Pero por otra parte no se puede descuidar la participación en la gestión política cotidiana de las instituciones democráticas, incluyendo los partidos políticos, los actuales u otros. Es necesario exigir una reforma electoral que asegure una verdadera representación proporcional, reclamar la creación de una potente banca pública que evite la previsible privatización de las instituciones salvadas con nuestro dinero, conseguir la reforma del aparato burocrático del Estado, en el que sobran designaciones a dedo, coches oficiales e instituciones inútiles para evitar así recortes en sanidad, educación y servicios sociales, presionar para evitar desahucios que dejan miles de familias en la calle con el único objeto de mejorar las cuentas de resultados de los Bancos, evitar la marginación de los inmigrantes y tantas otras medidas que son posibles aquí y ahora. Además de una reforma constitucional que asegure, entre otras cosas, canales de participación de los ciudadanos que no se limiten a los aparatos partidarios. Y para llevar a la práctica todo esto se necesitan políticos.
Se objetará que tales medidas son puramente reformistas y que no implican la desaparición del sistema que ha provocado la crisis. Es verdad. Pero se trata de reformas que serán necesarias también en un deseable cambio del sistema y que permiten la incorporación de mucha gente que no comparte objetivos más ambiciosos. La superación del sistema capitalista no será nunca el resultado de la acción de pequeñas vanguardias violentas sino que exige el convencimiento mayoritario de que es posible otro tipo de organización económica y política, caracterizada por una gestión democrática de la economía financiera. Y para ello es necesario superar los dos vicios históricos de la izquierda: el sectarismo y el dogmatismo.
Es más cómoda, por supuesto, una protesta global e indiferenciada contra todo, una descalificación de todo lo que se mueve, metiendo en el mismo saco el parlamento entero, el capitalismo, todos los políticos, los bancos, los empresarios, los jueces, los sindicatos y, ya puestos, hasta las comunidades de vecinos. E incluso resulta más cómodo arriesgar la integridad corporal en violentas protestas callejeras. Pero en política, como en la vida misma, las abstracciones, las generalidades y las consignas puramente emocionales son muy peligrosas: suelen dar lugar a la aparición de iluminados que pretenden encarnar en ellos una supuesta e indiferenciada voluntad popular que acumula la suma del poder público. Tales protestas indiscriminadas pueden favorecer un inmovilismo que permite que los gestores de siempre sigan haciendo su trabajo mientras en la calle la policía se encarga de reprimir a grupos reducidos que se limitan a gritar consignas maximalistas y a quemar algunos contenedores.

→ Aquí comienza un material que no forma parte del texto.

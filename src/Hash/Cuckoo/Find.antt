-- ===== src/Hash/Cuckoo/Find.antt =====
-- `findValueByKey`: which keys it reports, and which it should not.
use coding_demo.Base.{
  ℕ, zero, suc, ◌%◌, ◌≡◌, refl, ap, sym, ◌∙◌, ◌≢◌, inl, inr, Bool-cases, true, false, none, some,
  List, arith, ℤ, pos, negsuc, neg, ◌=ℤ◌, =ℤ_iff, Returns, ◌↔◌,
}
use coding_demo.Hash.Cuckoo.{
  Entry, Table, one, two, hash_func1, hash_func2, read, find_value_by_key,
}
use coding_demo.Hash.Cuckoo.Slots.{Slot, at, home, home-lt, read-at, HasKey, IsValid, Holds}
use coding_demo.Hash.Cuckoo.Chain.{hash_func1-pos, hash_func2-pos}

find-first :
    (t : Table) (x : ℤ) (first : Entry)
    → read t.table1 (hash_func1 t x) ≡ some first
    → (first.key =ℤ x) ≡ true
    → find_value_by_key t x ≡ some true
unfolding find_value_by_key
find-first t x first f eq = rw (f, eq)

find-second :
    (t : Table) (x : ℤ) (first second : Entry)
    → read t.table1 (hash_func1 t x) ≡ some first
    → (first.key =ℤ x) ≡ false
    → read t.table2 (hash_func2 t x) ≡ some second
    → find_value_by_key t x ≡ some (second.key =ℤ x)
unfolding find_value_by_key
find-second t x first second f ne s = rw (f, ne, s)

-- In a valid table, the search for a positive key returns, and reports it exactly if it is there.
pub find_value_by_key_lem :
    (t : Table) (k : ℕ)
    → IsValid t
    → k ≢ 0
    → Returns (find_value_by_key t (pos k)) (λ b. (b ≡ true) ↔ Holds t k)
find_value_by_key_lem t k v nonzero =
    let first : Slot = (one, home t.n_count one k) in
    let second : Slot = (two, home t.n_count two k) in
    let fst : read t.table1 (hash_func1 t (pos k)) ≡ some (at t first) =
      rw (hash_func1-pos t k)
        (read-at t one first.1 v.sized (home-lt t.n_count k one v.sized.positive)) in
    let snd : read t.table2 (hash_func2 t (pos k)) ≡ some (at t second) =
      rw (hash_func2-pos t k)
        (read-at t two second.1 v.sized (home-lt t.n_count k two v.sized.positive)) in
    elim (Bool-cases ((at t first).key =ℤ pos k)) [
      | inl eq ↦ (
        _,
        find-first t (pos k) _ fst eq,
        ((λ _. (first, ((=ℤ_iff _ _).0 eq, nonzero))), (λ _. refl)),
      )
      | inr ne ↦ (
        _,
        find-second t (pos k) _ _ fst ne snd,
        ((λ h. (second, ((=ℤ_iff _ _).0 h, nonzero))), (λ (q, g). where_else q g ne)),
      )
    ]
  where
    where_else :
        (q : Slot)
        → HasKey t q k
        → ((at t (one, home t.n_count one k)).key =ℤ pos k) ≡ false
        → ((at t (two, home t.n_count two k)).key =ℤ pos k) ≡ true
    where_else (one, i) g ne =
        let test =
          (=ℤ_iff _ (pos k)).1
            (ap (λ j. (at t (one, j)).key) (sym (v.placed (one, i) k g)) ∙ g.0) in
        absurd (clash (sym test ∙ ne))
      where
        clash : ¬ (true ≡ false)
        clash h = cc
    where_else (two, i) g ne =
        (=ℤ_iff _ (pos k)).1 (ap (λ j. (at t (two, j)).key) (sym (v.placed (two, i) k g)) ∙ g.0)

-- The key 0 is reported as long as the slot 0 of the first table is empty.
pub find_value_by_key-zero :
    (t : Table) → IsValid t → (at t (one, 0)).key ≡ pos 0 → find_value_by_key t (pos 0) ≡ some true
find_value_by_key-zero t v empty =
    let n_pos = v.sized.positive in
    let here : 0 % t.n_count ≡ 0 = omega arith in
    let fst : read t.table1 (hash_func1 t (pos 0)) ≡ some (at t (one, 0)) =
      rw (hash_func1-pos t 0, here) (read-at t one 0 v.sized n_pos) in
    find-first t (pos 0) _ fst (rw empty refl)

neg-positive : (r : ℕ) → r ≢ 0 → (i : ℕ) × (neg r ≡ negsuc i)
neg-positive zero h = absurd (h refl)
neg-positive (suc r) h = (r, refl)

read-negative : (table : List Entry) (i : ℕ) → read table (negsuc i) ≡ none
unfolding read
read-negative table i = refl

find-none :
    (t : Table) (x : ℤ) → read t.table1 (hash_func1 t x) ≡ none → find_value_by_key t x ≡ none
unfolding find_value_by_key
find-none t x h = rw h

hash_func1-negsuc : (t : Table) (m : ℕ) → hash_func1 t (negsuc m) ≡ neg (suc m % t.n_count)
unfolding hash_func1
hash_func1-negsuc t m = refl

-- A negative key that the table's size does not divide is looked up in front of the table.
pub find_value_by_key-negative :
    (t : Table) (m : ℕ) → suc m % t.n_count ≢ 0 → find_value_by_key t (negsuc m) ≡ none
find_value_by_key-negative t m h =
    let (i, eq) = neg-positive (suc m % t.n_count) h in
    find-none t (negsuc m) (rw (hash_func1-negsuc t m, eq) (read-negative t.table1 i))
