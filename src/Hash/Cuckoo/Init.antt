-- ===== src/Hash/Cuckoo/Init.antt =====
-- `isPrime`, `getMinPrime` and `initHashTable`.
use coding_demo.Base.{
  ℕ, zero, suc, ◌+◌, ◌*◌, ◌/◌, ◌%◌, ◌≤◌, ◌<◌, ◌≡◌, refl, sym, ◌∙◌, ◌≢◌, inl, inr, Bool-cases, true,
  false, arith, leb, ◌==◌, Returns, ◌↔◌, replicate,
}
use native.Mathlib.Nat.{mul-mod_right}
use native.Mathlib.Decide.{ℕ_discrete}
use coding_demo.Hash.Cuckoo.{Table, empty_entry, has_divisor, is_prime, get_min_prime}
use coding_demo.Hash.Cuckoo.Slots.{at}

-- No number from `i` on divides `value`, below `value`.
abbrev pub NoDivisor : ℕ → ℕ → Type 0
NoDivisor i value = (d : ℕ) → i ≤ d → d < value → value % d ≢ 0

-- Prime, but that 1 counts as well.
abbrev pub IsPrimeOrOne : ℕ → Type 0
IsPrimeOrOne value = (value ≢ 0) × NoDivisor 2 value

quotient : (d v : ℕ) → 0 < d → v % d ≡ 0 → (q : ℕ) × (v ≡ q * d)
quotient d v h z = (v / d, omega arith)

small : (q d i : ℕ) → q * d < i * i → i ≤ d → q < i
small q d i h k = grind arith

square : (i : ℕ) → 2 ≤ i → i < i * i
square i h = grind arith

-- With no divisor below the root, there is none above it.
above_root :
    (i value : ℕ)
    → 2 ≤ i
    → value < i * i
    → ((d : ℕ) → 2 ≤ d → d < i → value % d ≢ 0)
    → NoDivisor i value
above_root i value two_le root below d le lt z =
    let (q, eq) = quotient d value (omega arith) z in no_factor q d eq le lt
  where
    no_factor : (q d : ℕ) → value ≡ q * d → i ≤ d → d < value → ⊥
    no_factor zero d eq le lt = omega arith
    no_factor (suc zero) d eq le lt = omega arith
    no_factor (suc (suc q)) d eq le lt =
        let q_lt : suc (suc q) < i = small (suc (suc q)) d i (rw (sym eq) root) le in
        below (suc (suc q)) (omega arith) q_lt (rw (eq) (mul-mod_right (suc (suc q)) d))

has_divisor_lem :
    (fuel i value : ℕ)
    → 2 ≤ i
    → value < fuel + i
    → ((d : ℕ) → 2 ≤ d → d < i → value % d ≢ 0)
    → (has_divisor fuel i value ≡ false) ↔ NoDivisor i value
unfolding has_divisor
has_divisor_lem zero i value two_le enough below = ((λ _ d le lt _. omega arith), (λ _. refl))
has_divisor_lem (suc fuel) i value two_le enough below = elim (Bool-cases (leb (i * i) value)) [
  | inr above ↦ ((λ _. above_root i value two_le (ground arith) below), (λ _. rw above refl))
  | inl within ↦ elim (Bool-cases (value % i == 0)) [
    | inl divides ↦ (
      (λ h. absurd (clash (rw (within, divides) at h))),
      (λ none_from. absurd (none_from i (omega arith) (i_lt within) (ground arith))),
    )
    | inr not_i ↦
        let (to, from) =
          has_divisor_lem fuel (i + 1) value (omega arith) (omega arith) (skip_i not_i) in
        (
          (λ h. more_i not_i (to (rw (within, not_i) at h))),
          (λ none_from. rw (within, not_i) (from (λ d le. none_from d (omega arith)))),
        )
  ]
]
  where
    i_lt : leb (i * i) value ≡ true → i < value
    i_lt within = let more = square i two_le in ground (arith)

    skip_i : (value % i == 0) ≡ false → (d : ℕ) → 2 ≤ d → d < i + 1 → value % d ≢ 0
    skip_i not_i d two_le_d lt = elim (ℕ_discrete d i) [
      | yes same ↦ rw same (ground arith)
      | no ne ↦ below d two_le_d (omega arith)
    ]

    more_i : (value % i == 0) ≡ false → NoDivisor (i + 1) value → NoDivisor i value
    more_i not_i later d le lt = elim (ℕ_discrete d i) [
      | yes same ↦ rw same (ground arith)
      | no ne ↦ later d (omega arith) lt
    ]

    clash : ¬ (true ≡ false)
    clash h = cc

pub is_prime_lem : (value : ℕ) → (is_prime value ≡ true) ↔ IsPrimeOrOne value
unfolding is_prime
is_prime_lem zero = ((λ h. absurd (clash h)), (λ h. absurd (h.0 refl)))
  where
    clash : ¬ (false ≡ true)
    clash h = cc
is_prime_lem (suc n) =
    let nz : (suc n == 0) ≡ false = ground arith in
    let all =
      has_divisor_lem (suc n) 2 (suc n) (omega arith) (omega arith)
        (λ d a b. absurd (omega arith)) in
    elim (Bool-cases (has_divisor (suc n) 2 (suc n))) [
      | inl found ↦ (
        (λ h. absurd (clash (rw (nz, found) at h))),
        (λ (_, none_from). absurd (clash (sym (all.1 none_from) ∙ found))),
      )
      | inr none_found ↦
          ((λ _. ((λ h. omega arith), all.0 none_found)), (λ _. rw (nz, none_found) refl))
    ]
  where
    clash : ¬ (false ≡ true)
    clash h = cc

-- The least number from `value` on that passes for a prime.
abbrev pub IsLeast : ℕ → ℕ → Type 0
IsLeast value n = (value ≤ n) × IsPrimeOrOne n × ((d : ℕ) → value ≤ d → d < n → ¬ IsPrimeOrOne d)

pub get_min_prime_lem :
    (fuel value p : ℕ)
    → IsPrimeOrOne p
    → value ≤ p
    → p < value + fuel
    → Returns (get_min_prime fuel value) (IsLeast value)
unfolding get_min_prime
get_min_prime_lem zero value p prime le enough = absurd (omega arith)
get_min_prime_lem (suc fuel) value p prime le enough = elim (Bool-cases (is_prime value)) [
  | inl yes_p ↦
      (value, rw yes_p refl, (omega arith, (is_prime_lem value).0 yes_p, (λ d a b _. omega arith)))
  | inr no_p ↦ elim (ℕ_discrete value p) [
    | yes same ↦ absurd (clash (sym no_p ∙ (is_prime_lem value).1 (rw same prime)))
    | no ne ↦
        let (n, run, (ge, ok, least)) =
          get_min_prime_lem fuel (value + 1) p prime (omega arith) (omega arith) in
        (n, rw no_p run, (omega arith, ok, below no_p n least))
  ]
]
  where
    clash : ¬ (false ≡ true)
    clash h = cc

    below :
        is_prime value ≡ false
        → (n : ℕ) → ((d : ℕ) → value + 1 ≤ d → d < n → ¬ IsPrimeOrOne d)
        → (d : ℕ) → value ≤ d
        → d < n
        → ¬ IsPrimeOrOne d
    below no_p n least d ge lt ok = elim (ℕ_discrete d value) [
      | yes same ↦ clash (sym no_p ∙ (is_prime_lem value).1 (rw (sym same) ok))
      | no ne ↦ least d (omega arith) lt ok
    ]

abbrev empty_table : ℕ → Table
empty_table n = record {
  n_count = n;
  table1 = replicate n empty_entry;
  table2 = replicate n empty_entry;
}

Hay que rescatar el calificativo de “radicales antisistema” de las connotaciones interesadas que limitan su significado a vociferantes enemigos de toda convivencia civilizada (que también los hay, por supuesto). Muchos pensamos que la salida de la crisis actual exige poner en cuestión las mismas raíces de un sistema capitalista que además de injusto es ineficiente y en ese sentido un razonable radicalismo antisistema no solo no constituye una amenaza para el sistema democrático sino que es la única manera de defenderlo.